• SUPPLIED RECORDS:

pub one_decodes : decode small_wire (encode small_wire one) ≡ ok one
unfolding fido_key_wrap.Ident.Application.new fido_key_wrap.Policy.Label.validate_label
    fido_key_wrap.Common.cmp_bytes fido_key_wrap.Envelope.Decode.to_usize
    fido_key_wrap.Envelope.Decode.definite_array_len fido_key_wrap.Envelope.Decode.require_array
    fido_key_wrap.Envelope.Decode.exact_bytes fido_key_wrap.Envelope.Decode.decode_label
    fido_key_wrap.Envelope.Decode.decode_recovery_secret_recipient
    fido_key_wrap.Envelope.Decode.decode_suite fido_key_wrap.Envelope.Decode.decode_recipient
    fido_key_wrap.Envelope.Decode.decode_recipients fido_key_wrap.Envelope.Decode.decode_fields
    fido_key_wrap.Envelope.Decode.finish fido_key_wrap.Envelope.Decode.decode
    fido_key_wrap.Envelope.Encode.encode_recipient fido_key_wrap.Envelope.Encode.encode_recipients
    fido_key_wrap.Envelope.Encode.encode fido_key_wrap.Envelope.Recipients.check_order
    fido_key_wrap.Envelope.Recipients.check_others fido_key_wrap.Envelope.Recipients.check_unique
    fido_key_wrap.Envelope.Recipients.validate_recipient_set
one_decodes = refl

pub staged :
    stage_existing_record small_wire small_suite one (replicate 32 3) root some_keys ≡ ok one
unfolding fido_key_wrap.Transcript.to_be_bytes fido_key_wrap.Transcript.check_capacity
    fido_key_wrap.Transcript.write_fields fido_key_wrap.Transcript.encode
    fido_key_wrap.Ident.Application.new fido_key_wrap.Policy.Label.validate_label
    fido_key_wrap.Common.cmp_bytes fido_key_wrap.Protector.Stage.insert_by_id
    fido_key_wrap.Protector.Stage.sort_by_id fido_key_wrap.Protector.Stage.canonicalize
    fido_key_wrap.Protector.Stage.route_matches fido_key_wrap.Protector.Stage.check_route
    fido_key_wrap.Protector.Stage.stage_existing_record fido_key_wrap.Protector.Stage.stage_record
    fido_key_wrap.Protector.Stage.Keys.recover_with_keys
    fido_key_wrap.Crypto.Context.recipient_context_domain
    fido_key_wrap.Crypto.Context.recovery_secret_context_transcript
    fido_key_wrap.Crypto.Context.recovery_secret_context
    fido_key_wrap.Crypto.Keys.recovery_secret_key_domain fido_key_wrap.Crypto.Keys.derive_key
    fido_key_wrap.Crypto.Keys.derive_recovery_secret_key
    fido_key_wrap.Crypto.Mac.envelope_mac_key_domain fido_key_wrap.Crypto.Mac.envelope_mac_domain
    fido_key_wrap.Crypto.Mac.compute_envelope_mac fido_key_wrap.Crypto.Mac.envelope_mac_matches
    fido_key_wrap.Crypto.Mac.verify_envelope_mac
    fido_key_wrap.Crypto.Wrap.recovery_secret_aad_domain fido_key_wrap.Crypto.Wrap.encrypt_fixed
    fido_key_wrap.Crypto.Wrap.decrypt_fixed fido_key_wrap.Crypto.Wrap.wrap_recovery_secret_root
    fido_key_wrap.Crypto.Wrap.unwrap_recovery_secret_root fido_key_wrap.Envelope.Decode.to_usize
    fido_key_wrap.Envelope.Decode.definite_array_len fido_key_wrap.Envelope.Decode.require_array
    fido_key_wrap.Envelope.Decode.exact_bytes fido_key_wrap.Envelope.Decode.decode_label
    fido_key_wrap.Envelope.Decode.decode_recovery_secret_recipient
    fido_key_wrap.Envelope.Decode.decode_suite fido_key_wrap.Envelope.Decode.decode_recipient
    fido_key_wrap.Envelope.Decode.decode_recipients fido_key_wrap.Envelope.Decode.decode_fields
    fido_key_wrap.Envelope.Decode.finish fido_key_wrap.Envelope.Decode.decode
    fido_key_wrap.Envelope.Encode.encode_recipient fido_key_wrap.Envelope.Encode.encode_recipients
    fido_key_wrap.Envelope.Encode.encode_body fido_key_wrap.Envelope.Encode.encode
    fido_key_wrap.Envelope.Encode.canonical_body fido_key_wrap.Envelope.Find.probe
    fido_key_wrap.Envelope.Find.narrow fido_key_wrap.Envelope.Find.binary_search
    fido_key_wrap.Envelope.Find.find fido_key_wrap.Envelope.Recipients.check_order
    fido_key_wrap.Envelope.Recipients.check_others fido_key_wrap.Envelope.Recipients.check_unique
    fido_key_wrap.Envelope.Recipients.validate_recipient_set
staged = refl

pub added :
    (add_recipient small_wire small_suite scripted protector root enrollment (one, 5)).0
    ≡ ok (replicate 32 5)
unfolding fido_key_wrap.Effect.pure fido_key_wrap.Effect.lift fido_key_wrap.Effect.◌>>=◌
    fido_key_wrap.Effect.on_world fido_key_wrap.Effect.current fido_key_wrap.Effect.store
    fido_key_wrap.Transcript.to_be_bytes fido_key_wrap.Transcript.check_capacity
    fido_key_wrap.Transcript.write_fields fido_key_wrap.Transcript.encode
    fido_key_wrap.Ident.Application.new fido_key_wrap.Policy.Label.validate_label
    fido_key_wrap.Common.cmp_bytes fido_key_wrap.Protector.Enroll.new_recovery_secret_record
    fido_key_wrap.Protector.Fresh.unique_recipient_id
    fido_key_wrap.Protector.Guards.require_application
    fido_key_wrap.Protector.Guards.validate_dedicated_label
    fido_key_wrap.Protector.Guards.require_authenticated fido_key_wrap.Protector.Stage.insert_by_id
    fido_key_wrap.Protector.Stage.sort_by_id fido_key_wrap.Protector.Stage.canonicalize
    fido_key_wrap.Protector.Stage.route_matches fido_key_wrap.Protector.Stage.check_route
    fido_key_wrap.Protector.Stage.stage_existing_record fido_key_wrap.Protector.Stage.stage_record
    fido_key_wrap.Protector.Stage.Keys.recover_with_keys
    fido_key_wrap.Crypto.Context.recipient_context_domain
    fido_key_wrap.Crypto.Context.recovery_secret_context_transcript
    fido_key_wrap.Crypto.Context.recovery_secret_context
    fido_key_wrap.Crypto.Keys.recovery_secret_key_domain fido_key_wrap.Crypto.Keys.derive_key
    fido_key_wrap.Crypto.Keys.derive_recovery_secret_key
    fido_key_wrap.Crypto.Mac.envelope_mac_key_domain fido_key_wrap.Crypto.Mac.envelope_mac_domain
    fido_key_wrap.Crypto.Mac.compute_envelope_mac fido_key_wrap.Crypto.Mac.envelope_mac_matches
    fido_key_wrap.Crypto.Mac.verify_envelope_mac
    fido_key_wrap.Crypto.Wrap.recovery_secret_aad_domain fido_key_wrap.Crypto.Wrap.encrypt_fixed
    fido_key_wrap.Crypto.Wrap.decrypt_fixed fido_key_wrap.Crypto.Wrap.wrap_recovery_secret_root
    fido_key_wrap.Crypto.Wrap.unwrap_recovery_secret_root fido_key_wrap.Envelope.Decode.to_usize
    fido_key_wrap.Envelope.Decode.definite_array_len fido_key_wrap.Envelope.Decode.require_array
    fido_key_wrap.Envelope.Decode.exact_bytes fido_key_wrap.Envelope.Decode.decode_label
    fido_key_wrap.Envelope.Decode.decode_recovery_secret_recipient
    fido_key_wrap.Envelope.Decode.decode_suite fido_key_wrap.Envelope.Decode.decode_recipient
    fido_key_wrap.Envelope.Decode.decode_recipients fido_key_wrap.Envelope.Decode.decode_fields
    fido_key_wrap.Envelope.Decode.finish fido_key_wrap.Envelope.Decode.decode
    fido_key_wrap.Envelope.Encode.encode_recipient fido_key_wrap.Envelope.Encode.encode_recipients
    fido_key_wrap.Envelope.Encode.encode_body fido_key_wrap.Envelope.Encode.encode
    fido_key_wrap.Envelope.Encode.canonical_body fido_key_wrap.Envelope.Find.probe
    fido_key_wrap.Envelope.Find.narrow fido_key_wrap.Envelope.Find.binary_search
    fido_key_wrap.Envelope.Find.find fido_key_wrap.Envelope.Recipients.check_order
    fido_key_wrap.Envelope.Recipients.check_others fido_key_wrap.Envelope.Recipients.check_unique
    fido_key_wrap.Envelope.Recipients.validate_recipient_set
    fido_key_wrap.Interaction.confirmation_matches fido_key_wrap.Policy.Parameters.new
    fido_key_wrap.Policy.Parameters.decode fido_key_wrap.Policy.Parameters.accepts
    fido_key_wrap.Protector.Enroll.enroll_passphrase_recipient
    fido_key_wrap.Protector.Enroll.enroll_policy fido_key_wrap.Protector.Enroll.enroll_recipient
    fido_key_wrap.Protector.Fresh.unique_salt fido_key_wrap.Protector.Fresh.request_passphrase
    fido_key_wrap.Protector.Fresh.request_new_passphrase
    fido_key_wrap.Protector.Guards.admit_parameters fido_key_wrap.Protector.Guards.admit_enrollment
    fido_key_wrap.Protector.Stage.stage_enrollment
    fido_key_wrap.Crypto.Context.passphrase_context_transcript
    fido_key_wrap.Crypto.Context.recipient_context_transcript
    fido_key_wrap.Crypto.Context.recipient_context fido_key_wrap.Crypto.Context.passphrase_context
    fido_key_wrap.Crypto.Keys.passphrase_key_domain fido_key_wrap.Crypto.Keys.argon2_output
    fido_key_wrap.Crypto.Keys.derive_passphrase_key fido_key_wrap.Crypto.Wrap.passphrase_aad_domain
    fido_key_wrap.Crypto.Wrap.wrap_passphrase_root fido_key_wrap.Crypto.Wrap.unwrap_passphrase_root
    fido_key_wrap.Envelope.Decode.decode_kdf
    fido_key_wrap.Envelope.Decode.decode_passphrase_recipient
    fido_key_wrap.Envelope.Encode.encode_kdf fido_key_wrap.Protector.Recipients.add_recipient
added = refl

• WHAT IS REQUIRED:
Each line containing "unfolding" belongs in the answer; pick these out of the material and copy them.

• EXERCISE ANSWER:
unfolding fido_key_wrap.Ident.Application.new fido_key_wrap.Policy.Label.validate_label
unfolding fido_key_wrap.Transcript.to_be_bytes fido_key_wrap.Transcript.check_capacity
unfolding fido_key_wrap.Effect.pure fido_key_wrap.Effect.lift fido_key_wrap.Effect.◌>>=◌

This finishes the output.